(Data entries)
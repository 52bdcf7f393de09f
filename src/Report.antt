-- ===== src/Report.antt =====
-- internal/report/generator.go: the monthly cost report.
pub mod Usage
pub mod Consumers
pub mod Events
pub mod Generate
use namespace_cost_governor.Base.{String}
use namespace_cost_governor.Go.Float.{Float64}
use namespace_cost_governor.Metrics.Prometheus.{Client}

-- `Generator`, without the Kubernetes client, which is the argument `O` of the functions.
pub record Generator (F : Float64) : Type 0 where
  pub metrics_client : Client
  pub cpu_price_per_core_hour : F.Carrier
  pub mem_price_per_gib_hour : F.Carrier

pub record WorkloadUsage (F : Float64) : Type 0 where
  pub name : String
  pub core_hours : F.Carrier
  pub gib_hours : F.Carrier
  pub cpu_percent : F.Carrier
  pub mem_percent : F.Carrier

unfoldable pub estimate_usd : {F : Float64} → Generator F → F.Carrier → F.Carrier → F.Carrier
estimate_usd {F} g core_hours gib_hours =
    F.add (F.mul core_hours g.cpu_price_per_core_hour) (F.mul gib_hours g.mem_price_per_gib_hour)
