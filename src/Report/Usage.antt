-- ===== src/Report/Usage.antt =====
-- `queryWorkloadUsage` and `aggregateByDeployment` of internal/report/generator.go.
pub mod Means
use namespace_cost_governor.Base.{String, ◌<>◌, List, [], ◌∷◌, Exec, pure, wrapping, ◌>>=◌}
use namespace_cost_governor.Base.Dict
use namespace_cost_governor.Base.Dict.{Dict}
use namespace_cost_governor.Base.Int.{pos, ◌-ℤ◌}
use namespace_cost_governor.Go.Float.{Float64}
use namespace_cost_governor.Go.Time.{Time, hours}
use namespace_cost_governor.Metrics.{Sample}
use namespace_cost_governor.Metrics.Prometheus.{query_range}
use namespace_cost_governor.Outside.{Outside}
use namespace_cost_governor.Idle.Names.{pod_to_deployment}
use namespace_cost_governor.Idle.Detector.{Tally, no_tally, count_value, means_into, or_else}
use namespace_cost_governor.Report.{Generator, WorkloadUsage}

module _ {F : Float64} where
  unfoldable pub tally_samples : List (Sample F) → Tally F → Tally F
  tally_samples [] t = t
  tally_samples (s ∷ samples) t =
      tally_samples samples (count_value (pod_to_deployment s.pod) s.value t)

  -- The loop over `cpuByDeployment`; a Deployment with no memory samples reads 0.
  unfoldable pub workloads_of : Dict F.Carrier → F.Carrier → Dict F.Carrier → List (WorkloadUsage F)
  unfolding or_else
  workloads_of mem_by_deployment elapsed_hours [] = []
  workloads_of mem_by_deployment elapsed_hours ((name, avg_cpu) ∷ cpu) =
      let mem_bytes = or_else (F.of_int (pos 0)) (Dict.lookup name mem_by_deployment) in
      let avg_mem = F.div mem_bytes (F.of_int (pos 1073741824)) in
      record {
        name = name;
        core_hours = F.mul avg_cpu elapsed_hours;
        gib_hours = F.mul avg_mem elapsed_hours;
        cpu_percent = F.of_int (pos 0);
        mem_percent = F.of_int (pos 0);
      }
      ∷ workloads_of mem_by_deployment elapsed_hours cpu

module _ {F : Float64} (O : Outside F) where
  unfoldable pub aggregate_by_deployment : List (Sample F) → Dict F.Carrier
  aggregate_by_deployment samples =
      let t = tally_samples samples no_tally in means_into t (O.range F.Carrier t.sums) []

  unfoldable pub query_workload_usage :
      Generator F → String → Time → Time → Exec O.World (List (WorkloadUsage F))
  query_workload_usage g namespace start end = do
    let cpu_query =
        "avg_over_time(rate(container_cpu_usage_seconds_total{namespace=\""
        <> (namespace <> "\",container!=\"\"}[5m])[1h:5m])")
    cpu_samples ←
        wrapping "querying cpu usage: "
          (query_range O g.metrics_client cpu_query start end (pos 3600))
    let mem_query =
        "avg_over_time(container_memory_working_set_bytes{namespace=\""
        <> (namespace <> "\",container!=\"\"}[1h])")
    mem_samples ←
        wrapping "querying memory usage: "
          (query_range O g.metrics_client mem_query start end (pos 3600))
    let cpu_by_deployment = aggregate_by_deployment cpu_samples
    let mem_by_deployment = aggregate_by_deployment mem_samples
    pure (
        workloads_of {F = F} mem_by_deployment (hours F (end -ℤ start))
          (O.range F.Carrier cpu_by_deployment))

> **Work order**
Indicate how many lines in the records above include the word "start", giving no other content.

> **Answer**
4